AAJ: But sometimes it takes a lot of time before history decides whether the music is significant or not. Time will tell what the music means for the total context.
SS: That's true, in terms of the big picture. But most musicians aren't thinking that way. They really think about what they are doing when the concert starts musically or maybe their next gig or recording and what they're contributing to it. Thinking about the big picture prevents you from just being yourself. But your point about history is correct. You never know what might later turn out to be of great importance. And, on a more personal level, you never know when your music is going to have a positive effect on some listener who is depressed or lost a partner, or is going through some other personal problem, and your music lifts them up just a little bit, maybe years later, by way of recordings, and maybe that's the real value or purpose of why you played it! You can touch someone you don't know when you least expect it.
From Modernism to Post-Modernism in Jazz
AAJ: Returning to our original topic of the scope of jazz today, I for one am old fashioned-and I think there are many from my generation who are like me. I came of age in the 1950s-60s. The prevailing philosophies were existentialism and modernism, which allowed that there were truth and beauty amid the turmoil and absurdity of life. Then, everything about truth and beauty seemed to fall apart. The true and the beautiful were, as Derrida said, "deconstructed." So we went into the era of "post-modernism,' in which truth and beauty can be whatever we want it to be. "It is what it is." An architect can make a very modern building and put a Roman column or a couple of medieval gargoyles at the entrance. Anything goes. Can we say that a lot of the new music is "post-modern?"
SS: Maybe, maybe not. I think your problem may be that you're living in the time you're in, and you're trying to define it at the same time. It's very hard to do that. And you're talking about relativism versus universal truth. In terms of music history, the baroque era of J.S. Bach wasn't really defined as "baroque" until the 1950s, when musicologists gave it that name. Bach didn't know he was composing baroque music! We don't really know what the music of today is all about either.
With jazz, we have historical periods that we retrospectively call Dixieland, swing, bebop, but we don't know what we're in today. All we can say is that musicians are drawing on the whole tradition of jazz and other music from around the world. It's all wide open for everyone to use. But we don't yet know how it all comes together or how history will view it.
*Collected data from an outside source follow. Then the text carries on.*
-- ===== src/Scenegraph/Painting.antt =====
-- Where and in which paint a traversal draws, as a walk over the graph that forgets all but the
-- matrices, the materials, the textures, the light and the draw calls.
pub mod Walk
use mathlib.Core.Option.{map as map_option}
use fhmuenster.Base.{
  length, ◌+◌, ℕ, zero, suc, ◌≡◌, refl, ◌∙◌, ap, inl, inr, Option, none, some, List, [], ◌∷◌,
}
use fhmuenster.Platform.{Platform, Vec4}
use fhmuenster.WebGl.{Gl}
use fhmuenster.WebGl.Paint.{
  Effect, shine_of, canvas, effect, effect-get_instance, canvas-get_instance,
}
use fhmuenster.WebGlStart.{get_instance}
use fhmuenster.Camera
use fhmuenster.Camera.{Camera, moved, with_view}
use fhmuenster.Orbit
use fhmuenster.Orbit.{Orbit}
use fhmuenster.Planet
use fhmuenster.Planet.{Planet}
use fhmuenster.Light
use fhmuenster.Light.{Light}
use fhmuenster.Material
use fhmuenster.Material.{Material}
use fhmuenster.Texture
use fhmuenster.Sphere
use fhmuenster.Sphere.{bind_buffers}
use fhmuenster.Square
use fhmuenster.Square.{Square}
use fhmuenster.Triangle
use fhmuenster.CubeNode
use fhmuenster.CubeNode.{draw_squares, bind_tex}
use fhmuenster.SgNode.{
  Kind, draw_kind, drawn_camera, update_light, plain, component, camera, orbit, planet, light,
  material, texture, sphere, cube,
}

-- What a node does to its own matrix or to the paint: its turn on an orbit or about its axis, its
-- material, texture or light, or its draw calls.
pub data Tag (p : Platform) : Type 0 where
  bare : Tag p
  views : Camera p → Tag p
  turns : Orbit p → Tag p
  spins : Planet p → Tag p
  coat : Material p → Tag p
  wrap : ℕ → Tag p
  lamp : Light p → Tag p
  ball : Tag p
  box : (squares : ℕ) → Tag p

module _ {p : Platform} where
  abbrev pub tag : Kind p → Tag p
  tag (camera c) = views c
  tag (orbit o) = turns o
  tag (planet o) = spins o
  tag (material m) = coat m
  tag (texture t) = wrap t.texture
  tag (light l) = lamp l
  tag (sphere s) = ball
  tag (cube c) = box (length c.squares)
  tag k = bare

  abbrev pub called : Effect p → Effect p
  called e = record e { drawn = e.now ∷ e.drawn }

  abbrev pub stored : Effect p → Effect p
  stored e = record e { buffers = e.buffers + 1 }

  -- Two draw calls for each square, each with a new buffer.
  abbrev pub boxes : (squares : ℕ) → Effect p → Effect p
  boxes zero e = e
  boxes (suc n) e = boxes n (called (stored (called (stored e))))

  abbrev pub lens : (size : p.R × p.R) → Camera p → p.Mat4
  lens size c =
      p.perspective (p.rem c.fov_radian p.pi) (p.div size.0 size.1) (p.of_ℕ 1) (p.of_ℕ 1000)

  -- The camera as its `draw` leaves it, on a canvas of these sides: moved by its speeds, with the
  -- lens times the inverse of its matrix for the projection.
  abbrev pub shot : (size : p.R × p.R) → Camera p → Camera p
  shot size c = record c {
    projection = map_option (p.multiply (lens size c)) (p.invert (moved c));
    camera_matrix = moved c;
  }

  abbrev pub step : Tag p → Effect p → Effect p
  step bare e = e
  step (views c) e = record e { now = record (e.now) { projection = (shot e.size c).projection } }
  step (turns o) e = e
  step (spins o) e = e
  step (coat m) e = record e {
    now = record (e.now) {
      emission = some m.emission;
      ambient = some m.ambient;
      diffuse = some m.diffuse;
      specular = some m.specular;
      shininess = some m.shininess;
    };
  }
  step (wrap t) e = record e { now = record (e.now) { texture = some t; image = e.images t } }
  step (lamp l) e = record e { now = record (e.now) { light = shine_of l } }
  step ball e = called e
  step (box n) e = boxes n e

  -- The node's own state after its `draw`.
  abbrev pub next : p.R × p.R → Tag p → Tag p
  next size (views c) = views (shot size c)
  next size t = t

  -- The node's own matrix after its `draw`.
  abbrev pub advance : p.R → Tag p → p.Mat4 → p.Mat4
  advance days (turns o) trafo = Orbit.draw p o days trafo
  advance days (spins o) trafo = Planet.draw p o days trafo
  advance days t trafo = trafo

  effect-draw_square : (s : Square p) (g : Gl p) → effect (Square.draw s g).1 ≡ boxes 1 (effect g)
  unfolding Square.draw Square.draw_half Square.init_buffer Square.bind_buffer Triangle.draw
  effect-draw_square s g =
      ap called (effect-get_instance _)
      ∙ ap (λ e. called (stored e)) (effect-get_instance _)
      ∙ ap (λ e. called (stored (called e))) (effect-get_instance _)
      ∙ ap (boxes 1) (effect-get_instance g)

  effect-draw_squares :
      (ss : List (Square p)) (g : Gl p)
      → (effect (draw_squares ss g).1 ≡ boxes (length ss) (effect g))
        × (length (draw_squares ss g).0 ≡ length ss)
  unfolding draw_squares
  effect-draw_squares [] g = (refl, refl)
  effect-draw_squares (s ∷ ss) g =
      let (e, h) = effect-draw_squares ss (Square.draw s g).1 in
      (e ∙ ap (boxes (length ss)) (effect-draw_square s g), ap suc h)

  -- What `node.draw` leaves: the paint, the tag and the matrix that the tag says.
  abbrev pub Paints : Tag p → p.Mat4 → Effect p → Option (Kind p × p.Mat4 × Gl p) → Type 0
  Paints t m e none = Unit
  Paints t m e (some (k, m', g)) = (effect g ≡ step t e) × (tag k ≡ next e.size t) × (m' ≡ m)

  with_view-Paints :
      (c : Camera p) (t lens' : p.Mat4) (g : Gl p) (o : Option p.Mat4)
      → lens' ≡ lens (canvas g) c
      → p.invert (moved c) ≡ o
      → Paints
          (views c)
          t
          (effect g)
          (drawn_camera t (with_view lens' (moved c) c (get_instance g) o))
  with_view-Paints c t lens' g none same e = tt
  with_view-Paints c t lens' g (some view) same e = rw e (
    ap
        (λ (x : p.Mat4 × Effect p). record x.1 {
          now = record (x.1.now) { projection = some (p.multiply x.0 view) };
        })
        (λ i. (same i, effect-get_instance g i)),
    ap (λ l. views (record c { projection = some (p.multiply l view); camera_matrix = moved c }))
        same,
    refl,
  )

  draw_camera-Paints :
      (c : Camera p) (t : p.Mat4) (g : Gl p)
      → Paints (views c) t (effect g) (drawn_camera t (Camera.draw c g))
  unfolding Camera.draw
  draw_camera-Paints c t g =
      with_view-Paints c t _ g (p.invert (moved c)) (ap (λ s. lens s c) (canvas-get_instance g))
        refl

  pub draw_kind-Paints :
      (days : p.R) (k : Kind p) (t : p.Mat4) (g : Gl p)
      → Paints (tag k) (advance days (tag k) t) (effect g) (draw_kind days k t g)
  unfolding draw_kind Light.draw Material.draw Texture.draw Sphere.draw bind_buffers CubeNode.draw
      bind_tex
  draw_kind-Paints days plain t g = (refl, refl, refl)
  draw_kind-Paints days (component name) t g = (refl, refl, refl)
  draw_kind-Paints days (camera c) t g = draw_camera-Paints c t g
  draw_kind-Paints days (orbit o) t g = (refl, refl, refl)
  draw_kind-Paints days (planet o) t g = (refl, refl, refl)
  draw_kind-Paints days (light l) t g = (ap (step (lamp l)) (effect-get_instance g), refl, refl)
  draw_kind-Paints days (material m) t g = (ap (step (coat m)) (effect-get_instance g), refl, refl)
  draw_kind-Paints days (texture x) t g =
      (ap (step (wrap x.texture)) (effect-get_instance g), refl, refl)
  draw_kind-Paints days (sphere s) t g =
      (ap called (effect-get_instance _ ∙ effect-get_instance g), refl, refl)
  draw_kind-Paints days (cube c) t g =
      let (e, h) = effect-draw_squares c.squares (bind_tex c g) in
      (e ∙ ap (boxes (length c.squares)) (effect-get_instance g), ap box h, refl)

  -- `updatePosition` of a light, before its `draw`.
  abbrev pub meet : (world : p.Mat4) → Tag p → Tag p
  meet world (lamp l) = lamp (Light.update_position world l)
  meet world t = t

  pub update_light-tag :
      (world : p.Mat4) (k : Kind p) → tag (update_light world k) ≡ meet world (tag k)
  unfolding update_light
  update_light-tag world (light l) = refl
  update_light-tag world plain = refl
  update_light-tag world (component name) = refl
  update_light-tag world (camera c) = refl
  update_light-tag world (orbit o) = refl
  update_light-tag world (planet o) = refl
  update_light-tag world (material m) = refl
  update_light-tag world (texture x) = refl
  update_light-tag world (sphere s) = refl
  update_light-tag world (cube c) = refl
Ethnic and Geographical Diversity
AAJ: If we could view jazz today from a wide perspective, from a space satellite, so to speak, we would see that it has disseminated around the world -no longer just America and Europe -it's finding a significant place in Asia, Africa, South America, Australia, you name it. We would also see that we have many different forms and influences from everywhere and of all kinds. In one respect, that's very enriching and stimulating and creative, but if I were a musician today, I would feel perplexed. I wouldn't know what to hold onto.
SS: That's a very good point. There's so much out there now, and it's all available at your fingertips on the web, and so many diverse influences. It's very hard to know where the center is, what's the foundation. For musicians coming up today, that could pose quite a dilemma. That could have a numbing effect as I mentioned earlier, not knowing what direction to go in. And to deal with it, too many of them latch on to the "jazz canon" that they learn in school, and they stick with it because it's a safe area, but that could stifle their creativity and finding their own voice. It's a real problem.
For Young Musicians Seeking Their Own Way
AAJ: So what guidance could you offer those young musicians?
SS: I'd say keep your ears open to whatever comes your way. But also get together with the musicians who live and work in your neck of the woods. There, you can create your own vocabulary and your own music. Don't sit at the computer or stereo. Get out and play with the musicians you know!
AAJ: And that way, you'll be developing your own vocabulary.
SS: Absolutely! That's the primary directive of what an artist should do.
AAJ: Bobby Zankel made a similar point. Rather than try to fit in with the whole jazz scene today, he's focusing on his own bands and working on his own path and vocabulary.
SS: Yes, it's so important to find your own path and stay with it.
AAJ: Bobby also said that when he started out, he tried to play as much as possible in bands with more experienced musicians so he could learn from them.
SS: Yes, and even now I try to get with the guys who influenced me and see what else I can learn from them.
AAJ: So maybe what we're saying is that mentorship is essential.
SS: It doesn't necessarily have to be a formal mentor relationship. Just hanging out and exposing yourself to someone you admire and appreciate, talking to them, you're going to absorb a lot just being around them.
AAJ: To wrap up our conversation, what's the message you'd like readers to take with them?
SS: I would say, whether you're a fan or a musician, go to hear live music more. Check out venues and musicians who are new to you. Expose yourself to new music. Go with an open mind and listen to what the music is all about. Think of it as listening to a painting. It's a great way to get away from your daily preoccupations and just let the music overtake you. You may discover a solution to a particular problem in your personal life or work life while listening to live music. It's important for all of us, musicians or not, to stay open to new experiences. That's what makes life worthwhile and fulfilling.